Sparse Categorical Crossentropy: The loss function is such that it can work with a per-example setup. This to the end that the loss is considered separately for each example during the gradient calculation.
The train_step function is where the differential privacy tools are used. The gradients are calculated with respect to the loss, clipped, noise is added, and then the optimizer will update the model's weights.
The second-stage layers of a model are the layers that are closest to the output end of the model. Usually, an adversary would not have access to the final output. instead, it may only have access to the "middle" features of the model.
By cutting off the second-stage layers, we're able to simulate the adversary's limited access to the target model.
The idea behind saving the stage-one model's weights is primarily based on the desire to achieve the following:
Consistency
Transfer Learning
Isolation of Variables
This is a very similar process to training a model normally; however, some considerations must be made given the fact that we are implementing DF.

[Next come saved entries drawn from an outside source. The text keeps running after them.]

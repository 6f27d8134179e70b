-- ===== src/Log/Define/Reading.antt =====
-- log.cpp: what `LexicalCast<std::string, LogDefine>` reads of the text of a `LogDefine`.
use mathlib.Core.List.{append_assoc, append-nil}
use fxk.Base.{
  true, false, Option, none, some, List, [], ◌∷◌, ◌++◌, map, ◌==◌, ==_iff, if◌then◌else◌, Bytes,
  bytes_eq, bytes_eq_iff, ok, ◌≡◌, ◌≢◌, refl, ap, ◌∙◌, inl, inr, arith, Bool-cases,
}
use fxk.Config.Cast.{Yaml}
use fxk.Config.Cast.RoundTrip.{IsYaml, keys, AreDistinct}
use fxk.Log.Level.{to_string, from_string-to_string}
use fxk.Log.Listener.{LogAppenderDefine, LogDefine}
use fxk.Log.Define.{
  YamlTexts, name_key, level_key, appenders_key, type_key, file_key, pattern_key, file_type,
  stdout_type, text_or_empty, read_appender, push, read_appenders, appenders_of, read_define,
  pattern_pairs, type_pairs, appender_node, appender_pairs, write_define,
}

abbrev pub find_pair : {Node : Type 0} → Bytes → List (Bytes × Node) → Option Node
find_pair k [] = none
find_pair k ((j, n) ∷ l) = if bytes_eq j k then some n else find_pair k l

-- The library: a map has under each key what it was made of, a text's node is read as the text, and
-- there are no elements in a node without keys.
pub record IsTexts (yaml : Yaml) (texts : YamlTexts yaml) : Type 0 where
  pub get-mapping :
      (l : List (Bytes × yaml.Node)) (k : Bytes)
      → AreDistinct (keys l)
      → texts.get (yaml.mapping l) k ≡ ok (find_pair k l)
  pub as_string-scalar : (s : Bytes) → texts.as_string (texts.scalar s) ≡ ok s
  pub elements-null : yaml.elements (yaml.mapping []) ≡ []

-- What of an appender is written: no appender of another type than 1 and 2, no file of a console.
abbrev pub written_one : LogAppenderDefine → Option LogAppenderDefine
written_one a =
    if a.type == 1 then some a else (if a.type == 2 then some (record a { file = [] }) else none)

abbrev pub written : List LogAppenderDefine → List LogAppenderDefine
written [] = []
written (a ∷ l) = elim (written_one a) [ none ↦ written l | some b ↦ b ∷ written l ]

pub differ : (k j : Bytes) → bytes_eq k j ≡ false → k ≢ j
differ k j h e = ground (arith, (bytes_eq_iff k j).1 e)

module _ (yaml : Yaml) (texts : YamlTexts yaml) (reads : IsTexts yaml texts) where
  open texts use {get, as_string, scalar}

  appender_keys-AreDistinct :
      (a : LogAppenderDefine) (p : Bytes)
      → AreDistinct (keys (type_pairs yaml texts a ++ pattern_pairs yaml texts p))
  unfolding bytes_eq
  appender_keys-AreDistinct a [] = elim (Bool-cases (a.type == 1)) [
    | inl one ↦ rw one ((differ type_key file_key refl, tt), (tt, tt))
    | inr other ↦ elim (Bool-cases (a.type == 2)) [
      | inl two ↦ rw other (rw two (tt, tt))
      | inr no_type ↦ rw other (rw no_type tt)
    ]
  ]
  appender_keys-AreDistinct a (c ∷ l) = elim (Bool-cases (a.type == 1)) [
    | inl one ↦ rw one (
      (differ type_key file_key refl, (differ type_key pattern_key refl, tt)),
      ((differ file_key pattern_key refl, tt), (tt, tt)),
    )
    | inr other ↦ elim (Bool-cases (a.type == 2)) [
      | inl two ↦ rw other (rw two ((differ type_key pattern_key refl, tt), (tt, tt)))
      | inr no_type ↦ rw other (rw no_type (tt, tt))
    ]
  ]

  -- The keys of an appender's node, looked up.
  appender_key :
      (a : LogAppenderDefine) (k : Bytes)
      → get (appender_node yaml texts a) k
        ≡ ok (find_pair k (type_pairs yaml texts a ++ pattern_pairs yaml texts a.pattern))
  unfolding appender_node
  appender_key a k = reads.get-mapping _ k (appender_keys-AreDistinct a a.pattern)

  pattern_found :
      (p : Bytes)
      → text_or_empty yaml texts (find_pair pattern_key (pattern_pairs yaml texts p)) ≡ ok p
  unfolding bytes_eq
  pattern_found [] = refl
  pattern_found (c ∷ l) = reads.as_string-scalar (c ∷ l)

  -- The definition that is read of a file appender's node, and of a console appender's.
  read_file :
      (a : LogAppenderDefine)
      → (a.type == 1) ≡ true
      → read_appender yaml texts (appender_node yaml texts a) ≡ ok (some a)
  unfolding read_appender bytes_eq
  read_file a one =
      let n = appender_node yaml texts a in
      let type_found : get n type_key ≡ ok (some (scalar file_type)) =
        appender_key a type_key ∙ rw one refl in
      let file_found : get n file_key ≡ ok (some (scalar a.file)) =
        appender_key a file_key ∙ rw one refl in
      let pattern_at : get n pattern_key
          ≡ ok (find_pair pattern_key (pattern_pairs yaml texts a.pattern)) =
        appender_key a pattern_key ∙ rw one refl in
      let is_one : a.type ≡ 1 = (==_iff a.type 1).0 one in
      rw type_found (
        rw (reads.as_string-scalar file_type) (
          rw file_found (
            rw (reads.as_string-scalar a.file)
              (rw pattern_at (rw (pattern_found a.pattern) (ground (arith, is_one)))))))

  read_stdout :
      (a : LogAppenderDefine)
      → (a.type == 1) ≡ false
      → (a.type == 2) ≡ true
      → read_appender yaml texts (appender_node yaml texts a) ≡ ok (some (record a { file = [] }))
  unfolding read_appender bytes_eq
  read_stdout a other two =
      let n = appender_node yaml texts a in
      let type_found : get n type_key ≡ ok (some (scalar stdout_type)) =
        appender_key a type_key ∙ rw other (rw two refl) in
      let pattern_at : get n pattern_key
          ≡ ok (find_pair pattern_key (pattern_pairs yaml texts a.pattern)) =
        appender_key a pattern_key ∙ rw other (rw two refl) in
      let is_two : a.type ≡ 2 = (==_iff a.type 2).0 two in
      rw type_found (
        rw (reads.as_string-scalar stdout_type)
          (rw pattern_at (rw (pattern_found a.pattern) (ground (arith, is_two)))))

  no_type_key : (p : Bytes) → find_pair type_key (pattern_pairs yaml texts p) ≡ none
  unfolding bytes_eq
  no_type_key [] = refl
  no_type_key (c ∷ l) = refl

  read_untyped :
      (a : LogAppenderDefine)
      → (a.type == 1) ≡ false
      → (a.type == 2) ≡ false
      → read_appender yaml texts (appender_node yaml texts a) ≡ ok none
  unfolding read_appender
  read_untyped a other no_type =
      let type_found : get (appender_node yaml texts a) type_key ≡ ok none =
        appender_key a type_key ∙ rw other (rw no_type (ap ok (no_type_key a.pattern))) in
      rw type_found refl

  read_appender-written :
      (a : LogAppenderDefine)
      → read_appender yaml texts (appender_node yaml texts a) ≡ ok (written_one a)
  read_appender-written a = elim (Bool-cases (a.type == 1)) [
    | inl one ↦ rw one (read_file a one)
    | inr other ↦ elim (Bool-cases (a.type == 2)) [
      | inl two ↦ rw other (rw two (read_stdout a other two))
      | inr no_type ↦ rw other (rw no_type (read_untyped a other no_type))
    ]
  ]

  push-written :
      (v l : List LogAppenderDefine) (b : Option LogAppenderDefine)
      → push yaml texts v b ++ written l ≡ v ++ elim b [ none ↦ written l | some c ↦ c ∷ written l ]
  push-written v l none = refl
  push-written v l (some c) = rw append_assoc refl

  read_appenders-written :
      (l v : List LogAppenderDefine)
      → read_appenders yaml texts (map (appender_node yaml texts) l) v ≡ ok (v ++ written l)
  unfolding read_appenders
  read_appenders-written [] v = rw append-nil refl
  read_appenders-written (a ∷ l) v = rw (read_appender-written a) (
      read_appenders-written l (push yaml texts v (written_one a))
      ∙ ap ok (push-written v l (written_one a)))

  define_keys-AreDistinct :
      (i : LogDefine)
      → AreDistinct (
          keys (
            (name_key, scalar i.name)
            ∷ (level_key, scalar (to_string i.level))
            ∷ appender_pairs yaml texts i.appenders))
  unfolding bytes_eq
  define_keys-AreDistinct i = distinct i.appenders
    where
      distinct :
          (l : List LogAppenderDefine)
          → AreDistinct (name_key ∷ level_key ∷ keys (appender_pairs yaml texts l))
      distinct [] = ((differ name_key level_key refl, tt), (tt, tt))
      distinct (a ∷ l) = (
        (differ name_key level_key refl, (differ name_key appenders_key refl, tt)),
        ((differ level_key appenders_key refl, tt), (tt, tt)),
      )

  module _ (laws : IsYaml yaml) where
    appenders_found :
        (l : List LogAppenderDefine)
        → appenders_of yaml texts (find_pair appenders_key (appender_pairs yaml texts l))
          ≡ ok (written l)
    unfolding bytes_eq
    appenders_found [] = refl
    appenders_found (a ∷ l) = rw laws.elements-sequence (read_appenders-written (a ∷ l) [])

    -- A `LogDefine` that is written as a text is read back from it with its name, its level, and its
    -- appenders in their order, but for two things that the text does not tell: appenders of another
    -- type than 1 and 2, and the file of an appender on the console.
    pub read_define-write_define :
        (i : LogDefine)
        → read_define yaml texts (write_define yaml texts i)
          ≡ ok (record i { appenders = written i.appenders })
    unfolding read_define write_define bytes_eq
    read_define-write_define i =
        let pairs =
          (name_key, scalar i.name)
          ∷ (level_key, scalar (to_string i.level))
          ∷ appender_pairs yaml texts i.appenders in
        let found = λ (k : Bytes). reads.get-mapping pairs k (define_keys-AreDistinct i) in
        rw (laws.load-emit (yaml.mapping pairs)) (
          rw (found name_key) (
            rw (reads.as_string-scalar i.name) (
              rw (found level_key) (
                rw (reads.as_string-scalar (to_string i.level)) (
                  rw (found appenders_key) (
                    rw (appenders_found i.appenders) (rw (from_string-to_string i.level) refl)))))))
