-- ===== src/Log/Define/Whole.antt =====
-- log.cpp and config/config.cpp: the whole configuration of the loggers, a `std::set<LogDefine>`.
use fxk.Base.{Bool, List, [], ◌∷◌, Bytes, All, ok, ◌>>=◌, ◌≡◌, refl, ap, ◌∙◌}
use fxk.Config.Cast.{Yaml, set_cast}
use fxk.Config.Cast.RoundTrip.{IsYaml, IsSafe, IsAscending, set_cast-IsSafe}
use fxk.Log.Listener.{LogDefine}
use fxk.Log.Define.{YamlTexts, write_define, define_cast}
use fxk.Log.Define.Reading.{IsTexts, written, read_define-write_define}

-- All that the definition holds of its appenders has its place in the text.
abbrev pub IsComplete : LogDefine → Type 0
IsComplete i = written i.appenders ≡ i.appenders

-- `LogDefine::operator<`, by the names.
abbrev pub define_less : (Bytes → Bytes → Bool) → LogDefine → LogDefine → Bool
define_less less i oth = less i.name oth.name

module _ (yaml : Yaml) (texts : YamlTexts yaml) (reads : IsTexts yaml texts)
    (laws : IsYaml yaml) where
  IsComplete-IsSafe : (i : LogDefine) → IsComplete i → IsSafe yaml (define_cast yaml texts) i
  unfolding define_cast write_define
  IsComplete-IsSafe i complete = (
    write_define yaml texts i,
    _,
    refl,
    laws.load-emit _,
    read_define-write_define yaml texts reads laws i
        ∙ ap (λ (l : List _). ok (record i { appenders = l })) complete,
  )

  All-IsSafe :
      (l : List LogDefine) → All IsComplete l → All (IsSafe yaml (define_cast yaml texts)) l
  All-IsSafe [] h = tt
  All-IsSafe (i ∷ l) h = (IsComplete-IsSafe i h.0, All-IsSafe l h.1)

  -- A configuration whose definitions ascend by their names, and whose appenders are files, or
  -- consoles without a file, is written as one text from which it is read back unchanged.
  pub logs_cast-reads :
      (less : Bytes → Bytes → Bool) (logs : List LogDefine)
      → IsAscending (define_less less) logs
      → All IsComplete logs
      → ((set_cast yaml (define_cast yaml texts) (define_less less)).to_str logs >>= λ s.
          (set_cast yaml (define_cast yaml texts) (define_less less)).from_str s)
        ≡ ok logs
  logs_cast-reads less logs a h =
      (set_cast-IsSafe yaml laws (define_cast yaml texts) (define_less less) logs a
        (All-IsSafe logs h)).1
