-- ===== src/Log/Dump.antt =====
-- log.cpp: `toYamlString` of the appenders, of `Logger` and of `LoggerManager`.
pub mod Reread
pub mod Whole
use fxk.Base.{
  ℕ, Bool, Option, none, some, List, [], ◌∷◌, Bytes, Result, ok, null_pointer, from_option, ◌>>=◌,
}
use fxk.Config.Cast.{Yaml, insert_pair}
use fxk.Log.Level.{to_string}
use fxk.Log.Appender.{FileState, Kind, stdout_log, file_log, LogAppender, get_formatter}
use fxk.Log.Logger.{Logger, World}
use fxk.Log.Define.{
  YamlTexts, name_key, level_key, appenders_key, type_key, file_key, pattern_key, file_type,
  stdout_type,
}

abbrev pub in_order : (Bytes → Bytes → Bool) → List (Bytes × ℕ) → List (Bytes × ℕ)
in_order less [] = []
in_order less (x ∷ l) = insert_pair less x (in_order less l)

module _ (yaml : Yaml) (texts : YamlTexts yaml) where
  open yaml use {Node, load, emit, sequence, mapping}
  open texts use {scalar}

  -- A node that nothing was put in: null, which like a map without keys has none.
  abbrev pub pushed : List Node → Node
  pushed [] = mapping []
  pushed (n ∷ nodes) = sequence (n ∷ nodes)

  -- `StdoutLogAppender::toYamlString` goes to the appender's own formatter, which may be null.
  abbrev pub console_yaml : LogAppender → Result Bytes
  console_yaml a = do
    f ← from_option a.formatter null_pointer
    ok (emit (mapping ((type_key, scalar stdout_type) ∷ (pattern_key, scalar f.pattern) ∷ [])))

  -- `FileLogAppender::toYamlString`.
  abbrev pub file_yaml : FileState → LogAppender → Result Bytes
  file_yaml f a = ok (
      emit (
        mapping (
          (type_key, scalar file_type)
          ∷ (file_key, scalar f.filename)
          ∷ (pattern_key, scalar (get_formatter a).pattern)
          ∷ [])))

  abbrev pub kind_yaml : Kind → LogAppender → Result Bytes
  kind_yaml stdout_log a = console_yaml a
  kind_yaml (file_log f) a = file_yaml f a

  unfoldable pub appender_yaml : LogAppender → Result Bytes
  appender_yaml a = kind_yaml a.kind a

  unfoldable pub appender_nodes : World → List ℕ → Result (List Node)
  appender_nodes w [] = ok []
  appender_nodes w (p ∷ ps) = do
    s ← appender_yaml (w.appender_at p)
    n ← load s
    nodes ← appender_nodes w ps
    ok (n ∷ nodes)

  -- The key is there from the first appender on.
  abbrev pub appenders_pair : List Node → List (Bytes × Node)
  appenders_pair [] = []
  appenders_pair (n ∷ nodes) = (appenders_key, sequence (n ∷ nodes)) ∷ []

  unfoldable pub logger_yaml : World → Logger → Result Bytes
  logger_yaml w l = do
    nodes ← appender_nodes w l.appenders
    ok (
        emit (
          mapping (
            (name_key, scalar l.name)
            ∷ (level_key, scalar (to_string l.level))
            ∷ appenders_pair nodes)))

  unfoldable pub logger_nodes : World → List (Bytes × ℕ) → Result (List Node)
  logger_nodes w [] = ok []
  logger_nodes w ((name, p) ∷ rest) = do
    s ← logger_yaml w (w.logger_at p)
    n ← load s
    nodes ← logger_nodes w rest
    ok (n ∷ nodes)

  -- With the order of `std::string`, in which `std::map` is iterated.
  unfoldable pub manager_yaml : (Bytes → Bytes → Bool) → World → Result Bytes
  manager_yaml less w = do
    nodes ← logger_nodes w (in_order less w.loggers)
    ok (emit (pushed nodes))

The training routine for the adversary:
Defining the Loss Function: The adversary uses a Mean Squared Error (MSE) loss function.
Optimization: Adam.
Metrics: The MSE is also used to measure performance.
Training Step: The adversary gets intermediate representations from the target model and attempts to reconstruct the original images. The gradients are calculated based on the MSE, and they are applied to the adversary's model parameters.
Early stopping is implemented to prevent overfitting.
For testing and evaluation:
Testing Setup: The adversary is tested using a separate dataset that that it wasn't trained on.
Performance Metrics: The adversary's performance is measured using the Mean Squared Error between the reconstructed images and the original images.
Differential Privacy Considerations: The ability of the adversary to reconstruct the original images based on what it receives from the DP model's output is indicative of the achieved privacy level.